This is the best and the simplest solution:

这是最好和最简单的解决方案：

Route::when('*', 'csrf', array('post'));

No need to group routes or to mess with constructors.

无需对路由进行分组或与构造函数混淆。

You can use route groups. This will apply the specified options to any routes defined in a group:

您可以使用路由组。
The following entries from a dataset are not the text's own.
-- ===== src/Repository/Urls/Lookup.antt =====
-- The lookups of repository/url_repository.go after each of its writes.
use mathlib.Core.Option
use go_url_shortener.Base.{
  ℕ, ◌&&◌, ◌≡◌, refl, Bool, false, not, none, List, [], ◌∷◌, map, find, keep_if, exists, arith,
  if◌then◌else◌, suc, ap, ◌↔◌,
}
use go_url_shortener.Base.Int.{ℤ, pos, id_eq, id_eq_iff}
use go_url_shortener.Base.Text.{eq_refl, eq_iff}
use go_url_shortener.Model.{Url}
use go_url_shortener.Outcome.{ok, err, no_rows}
use go_url_shortener.Db.{Db, exec-eq-ok, later_replies}
use go_url_shortener.Repository.Urls.{
  row_or_error, has_id, clashes, is_live, unexpired, edit_row, insert_url, create, select_by_id,
  update_url, select_by_short_code, delete_url,
}

-- What a successful insertion has done.
pub record IsInserted (url row : Url) (d e : Db) : Type 0 where
  pub table : e.urls ≡ row ∷ d.urls
  pub id : row.id ≡ pos d.next_url
  pub sequence : e.next_url ≡ suc d.next_url
  pub stamped : row ≡ record url { id = pos d.next_url; created_at = d.now }
  pub unclashed : exists (clashes url) d.urls ≡ false
  pub clock : e.now ≡ d.now

insert_url-IsInserted :
    (url row : Url) (d e : Db) → insert_url url d ≡ (ok row, e) → IsInserted url row d e
unfolding insert_url
insert_url-IsInserted url row d e h = ground arith

pub create-IsInserted :
    (url row : Url) (d e : Db) → create url d ≡ (ok row, e) → IsInserted url row d e
unfolding create
create-IsInserted url row d e h =
    let i =
      insert_url-IsInserted url row (record d { replies = later_replies d.replies }) e
        (exec-eq-ok (insert_url url) d row e h) in
    record {
      table = i.table;
      id = i.id;
      sequence = i.sequence;
      stamped = i.stamped;
      unclashed = i.unclashed;
      clock = i.clock;
    }

-- The row hides every row of its code.
find-unclashed :
    (now : ℕ) (url : Url) (rows : List Url)
    → exists (clashes url) rows ≡ false
    → find (is_live now url.short_code) rows ≡ none
unfolding is_live clashes
find-unclashed now url [] h = refl
find-unclashed now url (r ∷ rs) h = ground (
  arith,
  eq_iff url.short_code r.short_code,
  eq_iff r.short_code url.short_code,
  find-unclashed now url rs,
)

-- A URL that Create has stored is what the server finds by the new id. By the short code it finds it
-- where the URL is active and not expired, and nothing at all where it is not.
pub find-create :
    (url row : Url) (d e : Db)
    → create url d ≡ (ok row, e)
    → (select_by_id row.id e ≡ (ok row, e))
      × (select_by_short_code url.short_code e
          ≡ (if url.is_active && unexpired e.now url.expires_at then ok row else err no_rows, e))
unfolding select_by_id select_by_short_code is_live
find-create url row d e h =
    let i = create-IsInserted url row d e h in
    (
      ground (arith, i, id_eq_iff row.id row.id),
      ground (arith, i, eq_refl url.short_code, find-unclashed e.now url d.urls i.unclashed),
    )

pub find-edit :
    (url : Url) (k : ℤ) (rows : List Url)
    → find (has_id k) (map (edit_row url) rows) ≡ Option.map (edit_row url) (find (has_id k) rows)
unfolding edit_row
find-edit url k [] = refl
find-edit url k (r ∷ rs) = ground (arith, find-edit url k rs)

-- What Update leaves under every id: the row of its own id with the three editable columns set, and
-- every other row as it was. Its answer is the edited row, or sql.ErrNoRows where there is none.
pub find-update :
    (url : Url) (k : ℤ) (d : Db)
    → (find (has_id k) (update_url url d).1.urls
        ≡ Option.map (edit_row url) (find (has_id k) d.urls))
      × ((update_url url d).0
          ≡ row_or_error (Option.map (edit_row url) (find (has_id url.id) d.urls)))
unfolding update_url
find-update url k d = (find-edit url k d.urls, ap row_or_error (find-edit url url.id d.urls))

find-drop :
    (id k : ℤ) (rows : List Url)
    → find (has_id k) (keep_if (λ (r : Url). not (has_id id r)) rows)
      ≡ (if id_eq id k then none else find (has_id k) rows)
find-drop id k [] = ground arith
find-drop id k (r ∷ rs) =
    ground (arith, find-drop id k rs, id_eq_iff id k, id_eq_iff r.id k, id_eq_iff r.id id)

pub exists-find :
    (p : Url → Bool) (rows : List Url) → (exists p rows ≡ false) ↔ (find p rows ≡ none)
exists-find p [] = (λ h. refl, λ h. refl)
exists-find p (r ∷ rs) = ground (arith, exists-find p rs)

-- Delete removes the row of its id and no other, and answers sql.ErrNoRows exactly where there was
-- no such row.
pub find-delete :
    (id k : ℤ) (d : Db)
    → (find (has_id k) (delete_url id d).1.urls
        ≡ (if id_eq id k then none else find (has_id k) d.urls))
      × (((delete_url id d).0 ≡ err no_rows) ↔ (find (has_id id) d.urls ≡ none))
unfolding delete_url
find-delete id k d = (find-drop id k d.urls, ground (arith, exists-find (has_id id) d.urls))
这会将指定的选项应用于组中定义的任何路由：

Route::group(array('before' => 'csrf'), function()
{
    Route::post('/', function()
    {
    // Has CSRF Filter
    });

    Route::post('user/profile', function()
    {
    // Has CSRF Filter
    });

    Route::post(....);
});

For certain routes, or if grouping isn't what you want, you can also use a pattern filter:

对于某些路由，或者如果分组不是您想要的，您还可以使用模式过滤器：

//all routes beginning with admin, sent via a post http request will use the csrf filter
Route::when('admin/*', 'csrf', array('post'));

NOTE: this code would go in your routes.php file

注意：此代码将在您的 routes.php 文件中

In my BaseController I have this:

在我的 BaseController 中，我有这个：

public function __construct()
{
    $this->beforeFilter('csrf', array('on' => array('post', 'delete', 'put')));
    $this->beforeFilter('ajax', array('on' => array('delete', 'put')));
}

Having such App::beforefilter is an interesting approach but I don't know which is better?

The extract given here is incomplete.